Data collected by National Centers for Environmental Information - National Oceanic and Atmospheric Administration
Shows temperature readings from different stations around Boston from 1950-2016. Each station also has a listing of elevation, latitude, and longitude to further specify location.
Recordings from each station include MMXT (MEAN MONTHLY EXTREME TEMP), MMNT (MEAN MONTHLY MIN TEMP), AND MNTM (MEAN MONTHLY TEMP). These readings show average temp for the month, as well as average min and max temps for each month, to see if greater fluctuation exists in one or the other, instead of just mean. With min and max temps we can also observe if there has been a change in extremes over time.

Questions

Is there a significant and noticeable change in average annual temperature over time?
Can it be approximated when the greatest changes occured?

Hypotheses

There will be an observable change in average temperature over time
Difference between MMXT and MMNT (average fluctuation) will increase over time

Null Hypotheses

There will not be an observable change in average temmperature over time
Difference between MMXT and MMNT (average fluctuation) will not increase over time

Methods

To begin my workflow, after receiving my data in .csv form from the NOAA, I first needed to load it in, which I can’t do until I set my working directory to where my files are saved. I next read in the data while removing missing values listed as “9999” in the raw .csv data. Because there was so much data, it was sent in three files which needed to be loaded individually.
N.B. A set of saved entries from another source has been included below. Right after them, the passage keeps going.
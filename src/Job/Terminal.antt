-- ===== src/Job/Terminal.antt =====
-- How a job ends: `complete`, `fail`, `persist_assistant_response_and_terminal_state` and
-- `store_assistant_response_result` of crates/chat/src/job/repository/mod.rs, with the message that
-- conversation/repository/message.rs inserts.
use fineract_ai_reports.Prelude.{
  ltb, ◌==◌, string_eq, nat_eq, int_eq, ℕ, String, Bool, ◌&&◌, ◌||◌, not, Option, none, some, List,
  [], ◌∷◌,
}
use fineract_ai_reports.Json.{Json}
use fineract_ai_reports.Management.{
  unknown, job_completed, job_failed, AuditOutcome, failed, chat_job_completed, chat_job_failed,
  ManagementAuditEvent,
}
use fineract_ai_reports.Workflow.State.{count_where}
use fineract_ai_reports.Job.{ChatJobRow, ChatMessageRow, ChatDb, enqueue}
use fineract_ai_reports.Job.Audit.{ExecutionAuditContext, job_event, execution_lifecycle_events}
use fineract_ai_reports.Job.Repository.{is_job, update_jobs, insert_message}

abbrev pub complete_job : ℕ → Json → ChatJobRow → ChatJobRow
complete_job now result row = record row {
  status = "completed";
  current_step = "completed";
  result_json = some result;
  error_json = none;
  completed_at = some now;
  updated_at = now;
}

-- `complete`
unfoldable pub complete : ℕ → ℕ → Json → ChatDb → ChatDb
complete now job result db = update_jobs (is_job job) (complete_job now result) db

abbrev pub fail_with_result : ℕ → Json → Json → ChatJobRow → ChatJobRow
fail_with_result now result error row = record row {
  status = "failed";
  current_step = "failed";
  result_json = some result;
  error_json = some error;
  failed_at = some now;
  updated_at = now;
}

-- `insert_assistant_message_in_transaction`
abbrev pub assistant_message : ℕ → ℕ → ℕ → ℕ → String → Json → ChatMessageRow
assistant_message now id session job content metadata = record {
  id = id;
  session_id = session;
  job_id = some job;
  role = "assistant";
  content = content;
  metadata_json = metadata;
  created_at = now;
}

pub data AssistantResponseTerminal : Type 0 where
  completed_as : AuditOutcome → AssistantResponseTerminal
  failed_as : Json → AssistantResponseTerminal

pub record Response : Type 0 where
  pub now : ℕ
  pub message_id : ℕ
  pub session_id : ℕ
  pub job_id : ℕ
  pub actor_user_id : ℕ
  pub content : String
  pub metadata_json : Json
  pub result_json : Json
  pub terminal : AssistantResponseTerminal
  pub execution : Option ExecutionAuditContext

abbrev pub end_job : ℕ → Json → AssistantResponseTerminal → ChatJobRow → ChatJobRow
end_job now result (completed_as outcome) = complete_job now result
end_job now result (failed_as error) = fail_with_result now result error

abbrev pub terminal_event : Response → AssistantResponseTerminal → ManagementAuditEvent
terminal_event r (completed_as outcome) =
    job_event r.now r.session_id r.job_id r.actor_user_id chat_job_completed outcome job_completed
terminal_event r (failed_as error) =
    let event =
      job_event r.now r.session_id r.job_id r.actor_user_id chat_job_failed failed job_failed in
    record event { sanitized_error = some (record { code = unknown }) }

abbrev pub enqueue_all : List ManagementAuditEvent → ChatDb → ChatDb
enqueue_all [] db = db
enqueue_all (event ∷ events) db = enqueue_all events (enqueue event db)

unfoldable pub lifecycle_of : Response → Option ExecutionAuditContext → List ManagementAuditEvent
unfolding execution_lifecycle_events
lifecycle_of r none = []
lifecycle_of r (some context) =
    execution_lifecycle_events r.now r.session_id r.job_id r.actor_user_id context

-- `persist_assistant_response_and_terminal_state`
unfoldable pub persist_response : Response → ChatDb → ChatMessageRow × ChatDb
unfolding lifecycle_of
persist_response r db =
    let message =
      assistant_message r.now r.message_id r.session_id r.job_id r.content r.metadata_json in
    (
      message,
      enqueue_all (lifecycle_of r r.execution) (
          enqueue (terminal_event r r.terminal) (
            update_jobs (is_job r.job_id) (end_job r.now r.result_json r.terminal)
              (insert_message message db))),
    )

abbrev pub store_job : ℕ → Json → ChatJobRow → ChatJobRow
store_job now result row = record row { result_json = some result; updated_at = now }

-- `store_assistant_response_result`
unfoldable pub store_result : ℕ → ℕ → Json → ChatDb → ChatDb
store_result now job result db = update_jobs (is_job job) (store_job now result) db

abbrev pub is_terminal_status : String → Bool
is_terminal_status status = (status == "completed") || (status == "failed")

abbrev pub may_fail : ℕ → ChatJobRow → Bool
may_fail job row = is_job job row && not (is_terminal_status row.status)

abbrev pub fail_job : ℕ → Json → ChatJobRow → ChatJobRow
fail_job now error row = record row {
  status = "failed";
  current_step = "failed";
  error_json = some error;
  failed_at = some now;
  updated_at = now;
}

-- `fail`: whether a row has changed
unfoldable pub fail : ℕ → ℕ → Json → ChatDb → Bool × ChatDb
fail now job error db =
    (ltb 0 (count_where (may_fail job) db.jobs), update_jobs (may_fail job) (fail_job now error) db)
data_19902016 <- read.csv("./734706.csv",
                          na.string=c("-9999"))
data_19701989 <- read.csv("./730605.csv",
                          na.string=c("-9999"))
data_19501969 <- read.csv("./730589.csv",
                          na.string=c("-9999"))
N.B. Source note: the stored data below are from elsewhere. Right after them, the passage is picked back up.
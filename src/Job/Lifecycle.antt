-- ===== src/Job/Lifecycle.antt =====
-- The calls of the job and session repositories as steps on the database.
use fineract_ai_reports.Prelude.{string_eq, nat_eq, int_eq, ℕ, String, Bool, Option, []}
use fineract_ai_reports.Json.{Json, Fields}
use fineract_ai_reports.Management.{}
use fineract_ai_reports.Job.{ChatDb}
use fineract_ai_reports.Job.Audit.{}
use fineract_ai_reports.Job.Sessions.{rename_for_user, archive_for_user}
use fineract_ai_reports.Job.Repository.{
  CreateInput, create, wait_for_user_input, update_plan_state, merge_retrieval_trace,
}
use fineract_ai_reports.Job.Respond.{
  insert_job_checkpoint, insert_job_event, PendingClarification, ValidatedClarificationSubmission,
  respond,
}
use fineract_ai_reports.Job.Terminal.{complete, Response, persist_response, store_result, fail}

-- The time comes first, then the ids that are taken.
pub data Request : Type 0 where
  creates : CreateInput → Request
  renames : ℕ → ℕ → ℕ → Bool → String → Request
  archives : ℕ → ℕ → ℕ → Bool → Request
  awaits_input : ℕ → ℕ → ℕ → ℕ → Request
  plans : ℕ → ℕ → ℕ → ℕ → Fields → Request
  traces : ℕ → ℕ → ℕ → Json → Request
  responds : ℕ → ℕ → ℕ → ℕ → ValidatedClarificationSubmission → Request
  records_checkpoint : ℕ → String → String → Json → Request
  emits : ℕ → String → Option String → Json → Request
  completes : ℕ → ℕ → Json → Request
  persists : Response → Request
  stores : ℕ → ℕ → Json → Request
  fails_with : ℕ → ℕ → Json → Request

abbrev pub empty_db : ChatDb
empty_db = record {
  sessions = [];
  jobs = [];
  messages = [];
  memory = [];
  checkpoints = [];
  events = [];
  outbox = [];
}

module _ (read_payload : Json → Option PendingClarification) where
  unfoldable pub step : Request → ChatDb → ChatDb
  unfolding create rename_for_user archive_for_user wait_for_user_input update_plan_state
      merge_retrieval_trace respond complete persist_response store_result fail
  step (creates c) db = (create c db).1
  step (renames now session user legacy title) db =
      (rename_for_user now session user legacy title db).1
  step (archives now session user legacy) db = (archive_for_user now session user legacy db).1
  step (awaits_input now session job actor) db = wait_for_user_input now session job actor db
  step (plans now job user expected state) db = (update_plan_state now job user expected state db).1
  step (traces now job user trace) db = merge_retrieval_trace now job user trace db
  step (responds now message job user s) db = (respond read_payload now message job user s db).1
  step (records_checkpoint job at kind payload) db = insert_job_checkpoint job at kind payload db
  step (emits job kind at payload) db = insert_job_event job kind at payload db
  step (completes now job result) db = complete now job result db
  step (persists r) db = (persist_response r db).1
  step (stores now job result) db = store_result now job result db
  step (fails_with now job error) db = (fail now job error db).1

  -- The databases that calls lead to, from one without chats
  pub data Reachable : ChatDb → Type 0 where
    start : Reachable empty_db
    next : {db : ChatDb} (r : Request) → Reachable db → Reachable (step r db)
In order to manipulate and visualize data, I will need packages including dplyr, tidyr, and ggplot2, so all of them need to be loaded

library(ggplot2)
library(tidyr)
library(dplyr)

Now begins the actual manipulation of data, with the ultimate goal of combining my three sets into one well organized data set.

I begin by first looking at the data and seeing things I will need to change. The best way to do this is the str() function.

str(data_19501969)

## 'data.frame':    5075 obs. of  9 variables:
##  $ STATION     : Factor w/ 34 levels "GHCND:USC00190166",..: 29 29 29 29 29 29 29 29 29 29 ...
##  $ STATION_NAME: Factor w/ 33 levels "ARLINGTON MA US",..: 20 20 20 20 20 20 20 20 20 20 ...
##  $ ELEVATION   : Factor w/ 34 levels "10.1","11.9",..: 24 24 24 24 24 24 24 24 24 24 ...
##  $ LATITUDE    : Factor w/ 29 levels "42.05","42.08333",..: 9 9 9 9 9 9 9 9 9 9 ...
##  $ LONGITUDE   : Factor w/ 33 levels "-70.8","-70.83333",..: 25 25 25 25 25 25 25 25 25 25 ...
##  $ DATE        : int  19581001 19581101 19581201 19590101 19590201 19590301 19590401 19590501 19590601 19590701 ...
##  $ MMXT        : num  59.9 52.5 32.2 35.4 34.9 43.7 58.5 73.6 73.4 81.9 ...
##  $ MMNT        : num  41.4 34.9 14.9 18 14.9 27.1 39 50.2 55.4 64 ...
##  $ MNTM        : num  50.7 43.7 23.5 26.8 25 35.4 48.7 61.9 64.4 73 ...

str(data_19701989)

## 'data.frame':    4893 obs. of  9 variables:
##  $ STATION     : Factor w/ 28 levels "GHCND:USC00190535",..: 25 25 25 25 25 25 25 25 25 25 ...
##  $ STATION_NAME: Factor w/ 27 levels "BEDFORD HANSCOM FIELD MA US",..: 16 16 16 16 16 16 16 16 16 16 ...
##  $ ELEVATION   : num  63.1 63.1 63.1 63.1 63.1 63.1 63.1 63.1 63.1 63.1 ...
##  $ LATITUDE    : num  42.4 42.4 42.4 42.4 42.4 ...
##  $ LONGITUDE   : num  -71.5 -71.5 -71.5 -71.5 -71.5 ...
##  $ DATE        : int  19700101 19700201 19700301 19700401 19700501 19700601 19700701 19700801 19710401 19710601 ...
##  $ MMXT        : num  28 38.5 42.6 59 71.2 75.2 82.8 82.4 56.5 80.8 ...
##  $ MMNT        : num  2.7 14.2 21.2 32 45.3 52.2 58.6 54.9 32 53.1 ...
##  $ MNTM        : num  15.4 26.2 31.8 45.5 58.3 63.7 70.7 68.5 44.2 66.9 ...

str(data_19902016)

## 'data.frame':    6808 obs. of  9 variables:
##  $ STATION     : Factor w/ 33 levels "GHCND:USC00190535",..: 15 15 15 15 15 15 15 15 15 15 ...
##  $ STATION_NAME: Factor w/ 31 levels "BEDFORD HANSCOM FIELD MA US",..: 19 19 19 19 19 19 19 19 19 19 ...
##  $ ELEVATION   : Factor w/ 39 levels "10.1","10.7",..: 34 34 34 34 34 34 34 34 34 34 ...
##  $ LATITUDE    : Factor w/ 71 levels "41.95028","41.9538",..: 37 37 37 37 37 37 37 37 37 37 ...
##  $ LONGITUDE   : Factor w/ 67 levels "-70.8371","-70.84028",..: 63 63 63 63 63 63 63 63 63 63 ...
##  $ DATE        : int  19900101 19900201 19900301 19900401 19900501 19900601 19900701 19900801 19900901 19901001 ...
##  $ MMXT        : num  41.2 41.2 50.5 57 63.5 77.9 83.1 81.9 74.3 67.1 ...
##  $ MMNT        : num  23.7 18.3 25 36.1 45 56.3 61.9 61.9 49.3 44.2 ...
##  $ MNTM        : num  32.4 29.8 37.8 46.6 54.1 67.1 72.5 72 61.9 55.8 ...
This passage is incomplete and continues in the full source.